-- Your task --
Only one stretch of the listing below is wanted. Give it again exactly, from the line with "-- and the runtime" through the line with "-- The lookups of a member that resolves.".

-- Data --
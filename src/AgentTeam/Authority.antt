-- ===== src/AgentTeam/Authority.antt =====
-- agentTeam/composition.ts: the authority and the references of the agents that
-- `composeEffectiveAgents` yields.
use discordagent.Base.{String, ◌≡◌, ap, Bool, List, [], map, ok, arith, All, >>=-eq-ok}
use discordagent.Dict.{Dict}
use discordagent.Dict.Distinct.{All-of_get}
use discordagent.Text.{trim}
use discordagent.Text.Order.{has_text, IsUnique}
use discordagent.AgentTeam.Contracts.{
  Revision, RoleContract, OperatorProfile, AssignmentContext, DiscordBinding,
  AgentTeamConfiguration,
}
use discordagent.AgentTeam.Checks.{normalized_capabilities}
use discordagent.AgentTeam.Composition.{
  Indexes, Authorities, or_none, build_indexes, build_authorities, find_identity, role_authority,
  operator_authority, assignment_authority, binding_authority,
}
use discordagent.AgentTeam.Sets.{normalized-eq}
use discordagent.AgentTeam.Maps.{IsIndexOf, index_unique-IsIndexOf, IsFilled, fill-IsFilled}

pub record AreIndexes (c : AgentTeamConfiguration) (x : Indexes) : Type 0 where
  pub identities : IsIndexOf (λ i. i.id) (λ i. i.revision) "identity" c.identities x.identities
  pub roles : IsIndexOf (λ i. i.id) (λ i. i.revision) "role" c.roles x.roles
  pub operators :
      IsIndexOf
        (λ i. i.id)
        (λ i. i.revision)
        "operator profile"
        c.operator_profiles
        x.operator_profiles
  pub assignments : IsIndexOf (λ i. i.id) (λ i. i.revision) "assignment" c.assignments x.assignments
  pub bindings : IsIndexOf (λ i. i.id) (λ i. i.revision) "Discord binding" c.bindings x.bindings

pub build_indexes-AreIndexes :
    (c : AgentTeamConfiguration) (x : Indexes) → build_indexes c ≡ ok x → AreIndexes c x
unfolding build_indexes
build_indexes-AreIndexes c x e = record {
  identities = index_unique-IsIndexOf _ _ _ _ _ (ground arith);
  roles = index_unique-IsIndexOf _ _ _ _ _ (ground arith);
  operators = index_unique-IsIndexOf _ _ _ _ _ (ground arith);
  assignments = index_unique-IsIndexOf _ _ _ _ _ (ground arith);
  bindings = index_unique-IsIndexOf _ _ _ _ _ (ground arith);
}

pub record AreAuthorities (c : AgentTeamConfiguration) (x : Indexes) (a : Authorities)
    : Type 0 where
  pub roles : IsFilled (λ r. r.id) (role_authority x) x.roles [] a.role
  pub operators : IsFilled (λ o. o.id) (operator_authority x) x.operator_profiles [] a.operator
  pub assignments :
      IsFilled (λ p. p.id) (assignment_authority x a.role a.operator) x.assignments [] a.assignment
  pub bindings : IsFilled (λ b. b.id) (binding_authority x a.role) x.bindings [] a.binding
  pub runtime :
      normalized_capabilities "runtime safety policy" "runtime"
        c.runtime_safety.allowed_capabilities
      ≡ ok a.runtime

module _ {V : Type 0} (id_of : V → String) where
  pub keyed_entries :
      {revision_of : V → Revision} {kind : String} (vs : List V) (d : Dict V)
      → IsIndexOf id_of revision_of kind vs d
      → All (λ e. id_of e.1 ≡ e.0) d
  keyed_entries vs d h = All-of_get (λ e. id_of e.1 ≡ e.0) d h.distinct h.keyed

pub build_authorities-AreAuthorities :
    (c : AgentTeamConfiguration) (x : Indexes) (a : Authorities)
    → AreIndexes c x
    → build_authorities c x ≡ ok a
    → AreAuthorities c x a
unfolding build_authorities
build_authorities-AreAuthorities c x a h e = record {
  roles =
      fill-IsFilled _ _ x.roles [] a.role h.roles.distinct (keyed_entries _ _ _ h.roles)
        (ground arith);
  operators =
      fill-IsFilled _ _ x.operator_profiles [] a.operator h.operators.distinct
        (keyed_entries _ _ _ h.operators) (ground arith);
  assignments =
      fill-IsFilled _ _ x.assignments [] a.assignment h.assignments.distinct
        (keyed_entries _ _ _ h.assignments) (ground arith);
  bindings =
      fill-IsFilled _ _ x.bindings [] a.binding h.bindings.distinct (keyed_entries _ _ _ h.bindings)
        (ground arith);
  runtime = ground arith;
}

-- What a capability list grants.
abbrev pub grants : List String → String → Bool
grants caps t = has_text (map trim caps) t

-- A set that stands for a capability list.
pub record Stands (caps s : List String) : Type 0 where
  pub same : (t : String) → has_text s t ≡ grants caps t
  pub unique : IsUnique s

pub Stands-of_normalized :
    (kind id : String) (caps s : List String)
    → normalized_capabilities kind id caps ≡ ok s
    → Stands caps s
Stands-of_normalized kind id caps s e =
    let (eq, u) = normalized-eq kind id caps s e in
    record { same = λ t. ap (λ l. has_text l t) eq; unique = u }

pub role-Stands :
    (x : Indexes) (role : RoleContract) (s : List String)
    → role_authority x role ≡ ok s
    → Stands role.authority s
unfolding role_authority
role-Stands x role s e =
    let (i, found, made) =
      >>=-eq-ok (find_identity x "role" role.id role.identity)
        (λ _. normalized_capabilities "role" role.id role.authority) e in
    Stands-of_normalized "role" role.id role.authority s made

pub operator-Stands :
    (x : Indexes) (profile : OperatorProfile) (s : List String)
    → operator_authority x profile ≡ ok s
    → Stands (or_none profile.eligible_capabilities) s
unfolding operator_authority
operator-Stands x profile s e = Stands-of_normalized _ _ _ s e

pub assignment-Stands :
    (x : Indexes) (rc oc : Dict (List String)) (assignment : AssignmentContext) (s : List String)
    → assignment_authority x rc oc assignment ≡ ok s
    → Stands assignment.allowed_capabilities s
unfolding assignment_authority
assignment-Stands x rc oc assignment s e =
    Stands-of_normalized "assignment" assignment.id assignment.allowed_capabilities s (ground arith)

pub binding-Stands :
    (x : Indexes) (rc : Dict (List String)) (binding : DiscordBinding) (s : List String)
    → binding_authority x rc binding ≡ ok s
    → Stands binding.eligible_capabilities s
unfolding binding_authority
binding-Stands x rc binding s e =
    Stands-of_normalized "Discord binding" binding.id binding.eligible_capabilities s (ground arith)
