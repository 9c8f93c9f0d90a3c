-- ===== src/AgentTeam/Agents.antt =====
-- agentTeam/composition.ts: the agents that `composeEffectiveAgents` yields.
use discordagent.Base.{String, ◌≡◌, refl, ◌∙◌, ◌≢◌, ◌&&◌, Option, none, some, List, ok, arith}
use mathlib.Core.List.{Memᴰ}
use discordagent.Dict.{Dict, get}
use discordagent.Text.Order.{has_text, IsUnique, has-sort, IsSorted, sort-IsSorted, sort-IsUnique}
use discordagent.AgentTeam.Contracts.{
  Revision, ContractReference, AgentIdentity, RoleContract, OperatorProfile, AssignmentContext,
  DiscordBinding, TeamTopologyMember, AgentTeamConfiguration, EffectiveAgent,
}
use discordagent.AgentTeam.Checks.{intersect}
use discordagent.AgentTeam.Composition.{
  Indexes, Authorities, or_none, find_identity, find_role, find_operator, find_assignment,
  find_binding,
}
use discordagent.AgentTeam.Members.{effective, resolve_member}
use discordagent.AgentTeam.Sets.{has-intersect, intersect-IsUnique}
use discordagent.AgentTeam.Maps.{IsIndexOf, Refers, require_reference-Refers}
use discordagent.AgentTeam.Authority.{grants}

-- A listed entry that a reference names, in its current revision.
abbrev pub Names :
    {T : Type 0} → (T → String) → (T → Revision) → List T → ContractReference → T → Type 0
Names id_of revision_of vs reference v =
    Memᴰ v vs × (id_of v ≡ reference.id) × (revision_of v ≡ reference.revision)

-- An agent is made of the listed entries that its topology member names, and these name one another.
pub record IsResolved (c : AgentTeamConfiguration) (m : TeamTopologyMember) (g : EffectiveAgent)
    : Type 0 where
  pub identity : Names (λ i. i.id) (λ i. i.revision) c.identities m.identity g.identity
  pub role : Names (λ i. i.id) (λ i. i.revision) c.roles m.role g.role
  pub assignment : Names (λ i. i.id) (λ i. i.revision) c.assignments m.assignment g.assignment
  pub binding : Names (λ i. i.id) (λ i. i.revision) c.bindings m.binding g.binding
  pub operator_profile :
      Names
        (λ i. i.id)
        (λ i. i.revision)
        c.operator_profiles
        g.assignment.operator_profile
        g.operator_profile
  pub role_identity : g.role.identity.id ≡ g.identity.id
  pub assignment_role : g.assignment.role.id ≡ g.role.id
  pub binding_identity : g.binding.identity.id ≡ g.identity.id
  pub binding_assignment : g.binding.assignment.id ≡ g.assignment.id

-- A capability is effective exactly if the role, the operator profile, the assignment, the binding
-- and the runtime policy all grant it; the list is sorted, with no repetition.
pub record IsLeastPrivilege (c : AgentTeamConfiguration) (g : EffectiveAgent) : Type 0 where
  pub exact :
      (t : String)
      → has_text g.effective_authority t ≡ (
          grants g.role.authority t
          && grants (or_none g.operator_profile.eligible_capabilities) t
          && grants g.assignment.allowed_capabilities t
          && grants g.binding.eligible_capabilities t
          && grants c.runtime_safety.allowed_capabilities t)
  pub sorted : IsSorted g.effective_authority
  pub unique : IsUnique g.effective_authority

pub has-effective :
    (r o p b t : List String) (s : String)
    → has_text (effective r o p b t) s
      ≡ (has_text r s && has_text o s && has_text p s && has_text b s && has_text t s)
unfolding effective
has-effective r o p b t s =
    has-sort (intersect (intersect (intersect (intersect r o) p) b) t) s
    ∙ ground (
      arith,
      has-intersect (intersect (intersect (intersect r o) p) b) t s,
      has-intersect (intersect (intersect r o) p) b s,
      has-intersect (intersect r o) p s,
      has-intersect r o s,
    )

pub effective-IsUnique : (r o p b t : List String) → IsUnique r → IsUnique (effective r o p b t)
unfolding effective
effective-IsUnique r o p b t u =
    sort-IsUnique (intersect (intersect (intersect (intersect r o) p) b) t) (
      intersect-IsUnique (intersect (intersect (intersect r o) p) b) t (
        intersect-IsUnique (intersect (intersect r o) p) b
          (intersect-IsUnique (intersect r o) p (intersect-IsUnique r o u))))

pub effective-IsSorted : (r o p b t : List String) → IsSorted (effective r o p b t)
unfolding effective
effective-IsSorted r o p b t =
    sort-IsSorted (intersect (intersect (intersect (intersect r o) p) b) t)

pub Names-of_reference :
    {T : Type 0} (id_of : T → String) (revision_of : T → Revision) (kind : String) (vs : List T)
    (d : Dict T) (reference : ContractReference) (v : T)
    → IsIndexOf id_of revision_of kind vs d
    → Refers id_of revision_of kind d reference v
    → Names id_of revision_of vs reference v
Names-of_reference id_of revision_of kind vs d reference v h f =
    (h.listed reference.id v f.entry, h.keyed reference.id v f.entry, f.current)

-- The lookups of a member that resolves.
pub record IsLookedUp (x : Indexes) (topology_id : String) (m : TeamTopologyMember)
    (g : EffectiveAgent) : Type 0 where
  pub identity : find_identity x "team topology" topology_id m.identity ≡ ok g.identity
  pub role : find_role x "team topology" topology_id m.role ≡ ok g.role
  pub assignment : find_assignment x "team topology" topology_id m.assignment ≡ ok g.assignment
  pub binding : find_binding x "team topology" topology_id m.binding ≡ ok g.binding
  pub profile :
      find_operator x "assignment" g.assignment.id g.assignment.operator_profile
      ≡ ok g.operator_profile

present : (o : Option (List String)) → o ≢ none → (s : List String) × (o ≡ some s)
present none h = absurd (h refl)
present (some s) h = (s, refl)

module _ (x : Indexes) (a : Authorities) (topology_id : String) (m : TeamTopologyMember)
    (g : EffectiveAgent) (e : resolve_member x a topology_id m ≡ ok g) where
  pub resolve_member-IsLookedUp : IsLookedUp x topology_id m g
  unfolding resolve_member
  resolve_member-IsLookedUp = record {
    identity = ground arith;
    role = ground arith;
    assignment = ground arith;
    binding = ground arith;
    profile = ground arith;
  }

  pub resolve_member_links :
      (g.role.identity.id ≡ g.identity.id)
      × (g.assignment.role.id ≡ g.role.id)
      × (g.binding.identity.id ≡ g.identity.id)
      × (g.binding.assignment.id ≡ g.assignment.id)
  unfolding resolve_member
  resolve_member_links = ground arith

  -- The four sets that the effective authority is the intersection of, beside the runtime's.
  pub resolve_member_sets :
      (r : List String) × (o : List String) × (p : List String) × (b : List String) × (get g.role.id
          a.role
        ≡ some r)
      × (get g.operator_profile.id a.operator ≡ some o)
      × (get g.assignment.id a.assignment ≡ some p)
      × (get g.binding.id a.binding ≡ some b)
      × (g.effective_authority ≡ effective r o p b a.runtime)
  unfolding resolve_member
  resolve_member_sets =
      let (r, at_role) = present (get g.role.id a.role) (λ gone. ground arith) in
      let (o, at_operator) =
        present (get g.operator_profile.id a.operator) (λ gone. ground arith) in
      let (p, at_assignment) = present (get g.assignment.id a.assignment) (λ gone. ground arith) in
      let (b, at_binding) = present (get g.binding.id a.binding) (λ gone. ground arith) in
      (r, o, p, b, at_role, at_operator, at_assignment, at_binding, ground arith)

module _ (x : Indexes) (kind id : String) (ref : ContractReference) where
  pub find_identity-Refers :
      (v : AgentIdentity)
      → find_identity x kind id ref ≡ ok v
      → Refers (λ i. i.id) (λ i. i.revision) "identity" x.identities ref v
  unfolding find_identity
  find_identity-Refers v e = require_reference-Refers _ _ _ kind id ref x.identities v e

  pub find_role-Refers :
      (v : RoleContract)
      → find_role x kind id ref ≡ ok v
      → Refers (λ i. i.id) (λ i. i.revision) "role" x.roles ref v
  unfolding find_role
  find_role-Refers v e = require_reference-Refers _ _ _ kind id ref x.roles v e

  pub find_operator-Refers :
      (v : OperatorProfile)
      → find_operator x kind id ref ≡ ok v
      → Refers (λ i. i.id) (λ i. i.revision) "operator profile" x.operator_profiles ref v
  unfolding find_operator
  find_operator-Refers v e = require_reference-Refers _ _ _ kind id ref x.operator_profiles v e

  pub find_assignment-Refers :
      (v : AssignmentContext)
      → find_assignment x kind id ref ≡ ok v
      → Refers (λ i. i.id) (λ i. i.revision) "assignment" x.assignments ref v
  unfolding find_assignment
  find_assignment-Refers v e = require_reference-Refers _ _ _ kind id ref x.assignments v e

  pub find_binding-Refers :
      (v : DiscordBinding)
      → find_binding x kind id ref ≡ ok v
      → Refers (λ i. i.id) (λ i. i.revision) "Discord binding" x.bindings ref v
  unfolding find_binding
  find_binding-Refers v e = require_reference-Refers _ _ _ kind id ref x.bindings v e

-- Result for this exercise --
-- and the runtime policy all grant it; the list is sorted, with no repetition.
pub record IsLeastPrivilege (c : AgentTeamConfiguration) (g : EffectiveAgent) : Type 0 where
  pub exact :
      (t : String)
      → has_text g.effective_authority t ≡ (
          grants g.role.authority t
          && grants (or_none g.operator_profile.eligible_capabilities) t
          && grants g.assignment.allowed_capabilities t
          && grants g.binding.eligible_capabilities t
          && grants c.runtime_safety.allowed_capabilities t)
  pub sorted : IsSorted g.effective_authority
  pub unique : IsUnique g.effective_authority

pub has-effective :
    (r o p b t : List String) (s : String)
    → has_text (effective r o p b t) s
      ≡ (has_text r s && has_text o s && has_text p s && has_text b s && has_text t s)
unfolding effective
has-effective r o p b t s =
    has-sort (intersect (intersect (intersect (intersect r o) p) b) t) s
    ∙ ground (
      arith,
      has-intersect (intersect (intersect (intersect r o) p) b) t s,
      has-intersect (intersect (intersect r o) p) b s,
      has-intersect (intersect r o) p s,
      has-intersect r o s,
    )

pub effective-IsUnique : (r o p b t : List String) → IsUnique r → IsUnique (effective r o p b t)
unfolding effective
effective-IsUnique r o p b t u =
    sort-IsUnique (intersect (intersect (intersect (intersect r o) p) b) t) (
      intersect-IsUnique (intersect (intersect (intersect r o) p) b) t (
        intersect-IsUnique (intersect (intersect r o) p) b
          (intersect-IsUnique (intersect r o) p (intersect-IsUnique r o u))))

pub effective-IsSorted : (r o p b t : List String) → IsSorted (effective r o p b t)
unfolding effective
effective-IsSorted r o p b t =
    sort-IsSorted (intersect (intersect (intersect (intersect r o) p) b) t)

pub Names-of_reference :
    {T : Type 0} (id_of : T → String) (revision_of : T → Revision) (kind : String) (vs : List T)
    (d : Dict T) (reference : ContractReference) (v : T)
    → IsIndexOf id_of revision_of kind vs d
    → Refers id_of revision_of kind d reference v
    → Names id_of revision_of vs reference v
Names-of_reference id_of revision_of kind vs d reference v h f =
    (h.listed reference.id v f.entry, h.keyed reference.id v f.entry, f.current)

-- The lookups of a member that resolves.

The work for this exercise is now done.